● Exercise instructions: Filtering the records below, copy only those lines that include the word "secrets".
Supplied records below:
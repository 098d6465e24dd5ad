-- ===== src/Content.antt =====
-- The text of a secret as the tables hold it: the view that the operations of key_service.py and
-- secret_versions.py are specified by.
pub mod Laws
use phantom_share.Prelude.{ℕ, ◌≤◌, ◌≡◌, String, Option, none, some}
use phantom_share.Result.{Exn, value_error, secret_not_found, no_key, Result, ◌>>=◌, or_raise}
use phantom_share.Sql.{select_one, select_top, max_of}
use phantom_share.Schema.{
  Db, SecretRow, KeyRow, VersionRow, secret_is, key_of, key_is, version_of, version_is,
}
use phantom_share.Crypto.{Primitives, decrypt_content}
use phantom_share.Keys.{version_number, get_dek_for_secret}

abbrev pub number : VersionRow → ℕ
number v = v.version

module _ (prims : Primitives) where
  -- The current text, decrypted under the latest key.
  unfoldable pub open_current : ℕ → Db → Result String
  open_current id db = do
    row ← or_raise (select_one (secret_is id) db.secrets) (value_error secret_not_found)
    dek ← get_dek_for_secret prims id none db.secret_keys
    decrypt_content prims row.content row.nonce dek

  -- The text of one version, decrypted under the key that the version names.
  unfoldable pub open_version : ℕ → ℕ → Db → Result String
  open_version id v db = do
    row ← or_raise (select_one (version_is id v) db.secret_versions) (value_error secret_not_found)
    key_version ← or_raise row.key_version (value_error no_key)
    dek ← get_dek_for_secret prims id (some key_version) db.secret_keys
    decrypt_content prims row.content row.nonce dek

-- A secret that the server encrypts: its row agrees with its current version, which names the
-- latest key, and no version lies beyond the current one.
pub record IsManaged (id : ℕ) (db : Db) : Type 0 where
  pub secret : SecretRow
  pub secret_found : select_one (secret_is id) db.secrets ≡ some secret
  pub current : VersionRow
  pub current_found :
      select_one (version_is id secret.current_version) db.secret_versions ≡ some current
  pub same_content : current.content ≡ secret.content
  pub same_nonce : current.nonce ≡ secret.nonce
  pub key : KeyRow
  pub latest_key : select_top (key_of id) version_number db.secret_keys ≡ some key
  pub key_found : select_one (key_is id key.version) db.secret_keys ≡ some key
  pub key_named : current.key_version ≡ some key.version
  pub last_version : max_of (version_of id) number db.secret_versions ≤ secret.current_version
End of Supplied records.
● The completed task:
    row ← or_raise (select_one (secret_is id) db.secrets) (value_error secret_not_found)
  pub secret_found : select_one (secret_is id) db.secrets ≡ some secret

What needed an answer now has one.